Objective To report the clinical characteristics and therapies of ryanodine receptor type 1-related myopathies (RYR1-RM), thus enhancing the understanding of RYR1-RM. Methods Clinical characteristics and genetic variant of a patient with RYR1-RM who onset after birth were reported, and the clinical feature of the disease was summarized by reviewing relevant literatures. The pathogenesis and treatment methods were also outlined.Results A male infant, presented soon after birth with edema, hypotonia and poor respiratory effort necessitating assisted long-time ventilation.
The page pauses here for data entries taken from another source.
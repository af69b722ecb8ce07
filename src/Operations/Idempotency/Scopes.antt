-- ===== src/Operations/Idempotency/Scopes.antt =====
-- Scopes as strings (internal/operations/idempotency.go).
use agentsmith_fs_control_pl.Operations.Idempotency.{
  IdempotencyScope, scope_equal, scope_string, type_text,
}
use agentsmith_fs_control_pl.Prelude.{ℕ, Bool, arith, not, refl, true, ◌==◌, ◌↔◌, ◌≡◌}
use agentsmith_fs_control_pl.Text.{Text, cut_at_separator, every, text_eq_iff}

-- A text without the separator of the parts of a scope.
abbrev pub NoColon : Text → Type 0
NoColon s = every (λ b. not (b == b':')) s ≡ true

-- The parts before the idempotency key hold no colon.
pub record IsPlainScope (s : IdempotencyScope) : Type 0 where
  pub caller : NoColon s.caller_service
  pub namespace : NoColon s.namespace_id
  pub type : NoColon (type_text s.operation_type)

scope_equal_iff :
    (a b : IdempotencyScope)
    → (scope_equal a b ≡ true) ↔ (
        (a.caller_service ≡ b.caller_service)
        × (a.namespace_id ≡ b.namespace_id)
        × (type_text a.operation_type ≡ type_text b.operation_type)
        × (a.idempotency_key ≡ b.idempotency_key))
unfolding scope_equal
scope_equal_iff a b =
    let c = text_eq_iff a.caller_service b.caller_service in
    let n = text_eq_iff a.namespace_id b.namespace_id in
    let t = text_eq_iff (type_text a.operation_type) (type_text b.operation_type) in
    let k = text_eq_iff a.idempotency_key b.idempotency_key in
    (
      (λ h. (c.0 (ground arith), n.0 (ground arith), t.0 (ground arith), k.0 (ground arith))),
      λ (p, q, r, s).
          let p' = c.1 p in let q' = n.1 q in let r' = t.1 r in let s' = k.1 s in ground arith,
    )

scope_string-injective :
    (a b : IdempotencyScope)
    → IsPlainScope a
    → IsPlainScope b
    → scope_string a ≡ scope_string b
    → (a.caller_service ≡ b.caller_service)
      × (a.namespace_id ≡ b.namespace_id)
      × (type_text a.operation_type ≡ type_text b.operation_type)
      × (a.idempotency_key ≡ b.idempotency_key)
unfolding scope_string
scope_string-injective a b p q h =
    let test : ℕ → Bool = λ c. not (c == b':') in
    let (caller, rest) =
      cut_at_separator test b':' a.caller_service b.caller_service _ _ refl p.caller q.caller h in
    let (namespace, rest') =
      cut_at_separator test b':' a.namespace_id b.namespace_id _ _ refl p.namespace q.namespace
        rest in
    let (type, key) =
      cut_at_separator test b':' (type_text a.operation_type) (type_text b.operation_type) _ _ refl
        p.type q.type rest' in
    (caller, namespace, type, key)

-- Where no caller, namespace and operation type holds a colon, two scopes have the same string
-- exactly if `Equal` holds between them, whatever the idempotency keys hold.
pub scope_string_iff :
    (a b : IdempotencyScope)
    → IsPlainScope a
    → IsPlainScope b
    → (scope_string a ≡ scope_string b) ↔ (scope_equal a b ≡ true)
unfolding scope_string
scope_string_iff a b p q = (
  (λ h. (scope_equal_iff a b).1 (scope_string-injective a b p q h)),
  λ h. let (c, n, t, k) = (scope_equal_iff a b).0 h in rw (c, n, t, k) refl,
)
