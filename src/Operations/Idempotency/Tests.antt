-- ===== src/Operations/Idempotency/Tests.antt =====
-- Idempotency at concrete requests.
use agentsmith_fs_control_pl.Operations.Idempotency.{
  conflict, IdempotencyScope, QueuedOperationSpec, compare_idempotency, missing_authorized_actor,
  new_idempotency_scope, new_queued_operation_record, queued_record, reused, safe_opaque_id,
  scope_equal, scope_string, validate_spec,
}
use agentsmith_fs_control_pl.Operations.Idempotency.Queued.{
  IsTaken, compare_idempotency-queued, new_queued_operation_record-IsTaken,
}
use agentsmith_fs_control_pl.Operations.Idempotency.Scopes.{scope_string_iff}
use agentsmith_fs_control_pl.Operations.Lease.{acquire_lease}
use agentsmith_fs_control_pl.Operations.Record.{repo_create}
use agentsmith_fs_control_pl.Operations.Samples.{ask}
use agentsmith_fs_control_pl.Prelude.{[], err, false, none, ok, refl, true, ◌↔◌, ◌∷◌, ◌≡◌, ◌⊎◌}
use agentsmith_fs_control_pl.Text.{bytes, every, text_eq, trim_space}

abbrev scope : IdempotencyScope
scope = new_idempotency_scope (bytes "svc") (bytes "ns_01") repo_create (bytes "k:1")

abbrev spec : QueuedOperationSpec
spec = record {
  operation_id = bytes "op_01";
  scope = scope;
  request_hash = bytes "sha256:00";
  phase = bytes "validate_repo_create";
  correlation_id = bytes "corr";
  caller_service = bytes "svc";
  authorized_actor = record { type = bytes "user"; id = bytes "u1" };
  resource = record { type = bytes "repo"; id = bytes "repo_01" };
  namespace_id = bytes "ns_01";
  repo_id = bytes "repo_01";
  template_id = [];
  export_id = [];
  mount_binding_id = [];
  session_fence_id = [];
  external_resource_ids = none;
  input_summary = none;
  created_at = 5;
}

written : scope_string scope ≡ bytes "svc:ns_01:repo_create:k:1"
unfolding scope_string
written = refl

-- A colon in a namespace or in a caller's name moves the parts.
abbrev left : IdempotencyScope
left = new_idempotency_scope (bytes "a:b") (bytes "c") repo_create (bytes "k")

abbrev right : IdempotencyScope
right = new_idempotency_scope (bytes "a") (bytes "b:c") repo_create (bytes "k")

same_string : scope_string left ≡ scope_string right
unfolding scope_string
same_string = refl

other_scope : scope_equal left right ≡ false
unfolding scope_equal text_eq
other_scope = refl

queued_spec : new_queued_operation_record spec ≡ ok (queued_record spec)
unfolding new_queued_operation_record validate_spec
queued_spec = refl

no_actor :
    new_queued_operation_record
      (record spec { authorized_actor = record { type = bytes "user"; id = [] } })
    ≡ err missing_authorized_actor
unfolding new_queued_operation_record validate_spec
no_actor = refl

opaque : safe_opaque_id (bytes "sp-1:a.b") ≡ true
unfolding safe_opaque_id trim_space text_eq every
opaque = refl

scope_string_iff_example :
    (scope_string scope ≡ scope_string scope) ↔ (scope_equal scope scope ≡ true)
unfolding every
scope_string_iff_example =
    scope_string_iff scope scope (record { caller = refl; namespace = refl; type = refl })
      (record { caller = refl; namespace = refl; type = refl })

compare_idempotency-queued_example :
    (compare_idempotency (queued_record spec ∷ []) scope (bytes "sha256:00")
      ≡ reused (queued_record spec))
    × ((bytes "sha256:01" ≡ bytes "sha256:00")
        ⊎ (compare_idempotency (queued_record spec ∷ []) scope (bytes "sha256:01") ≡ conflict))
    × ((scope_string left ≡ scope_string scope)
        ⊎ (compare_idempotency (queued_record spec ∷ []) left (bytes "sha256:01")
            ≡ compare_idempotency [] left (bytes "sha256:01")))
unfolding compare_idempotency
compare_idempotency-queued_example =
    compare_idempotency-queued [] spec (queued_record spec) left (bytes "sha256:01") queued_spec
      refl

new_queued_operation_record-IsTaken_example :
    IsTaken (acquire_lease (queued_record spec) (ask "w1" 10 100))
unfolding trim_space
new_queued_operation_record-IsTaken_example =
    new_queued_operation_record-IsTaken spec (queued_record spec) (ask "w1" 10 100) queued_spec
      (record {
        owner_set = refl;
        duration_positive = refl;
        now_set = refl;
        recovery_known = refl;
        policy_known = refl;
      })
High-throughput sequencing revealed a novel heterozygous mutation in the RYR1 gene c.14398T>C. RYR1-RM. He was then diagnosed with RYR1-RM. No mutation was found at this site in his parents. A total of 57 cases of RYR1-RM with detailed clinical data were collected. About 50% of patients presented polyhydramnios and decreased fetal movements. Hypotonia, facial involvement, extraocular muscles involvement, dyspnea, feeding problem and orthopaedic complications are the major first manifestations of RYR1-RM. Delayed motor milestones can be found in the later life.Conclusion We reported a patient carried a novel mutation in the RYR1 gene, expanding the genetic spectrum of RYR1-RM. The clinical manifestation of RYR1-RM in neonatal period is variable and involves multiple systems, making it critical to increase awareness of the disease to recognize and treat earlier. Gene detection can be helpful in providing genetic counseling and prenatal diagnosis, which may enhance the quality of management of potential patients.

Key words: congenital myopathy, RYR1 gene, hypotonia, pathogenesis, therapy

CLC Number:

R685

Wang Sihan, Li Xianghong, Li Liangliang, Xi Hongmin, Yang Ping, Ma Lili, Yin Xiangyun. Neonatal ryanodine receptor type 1-related myopathies: A case report and literature review[J]. Clinical Focus, 2025, 40(6): 541-546.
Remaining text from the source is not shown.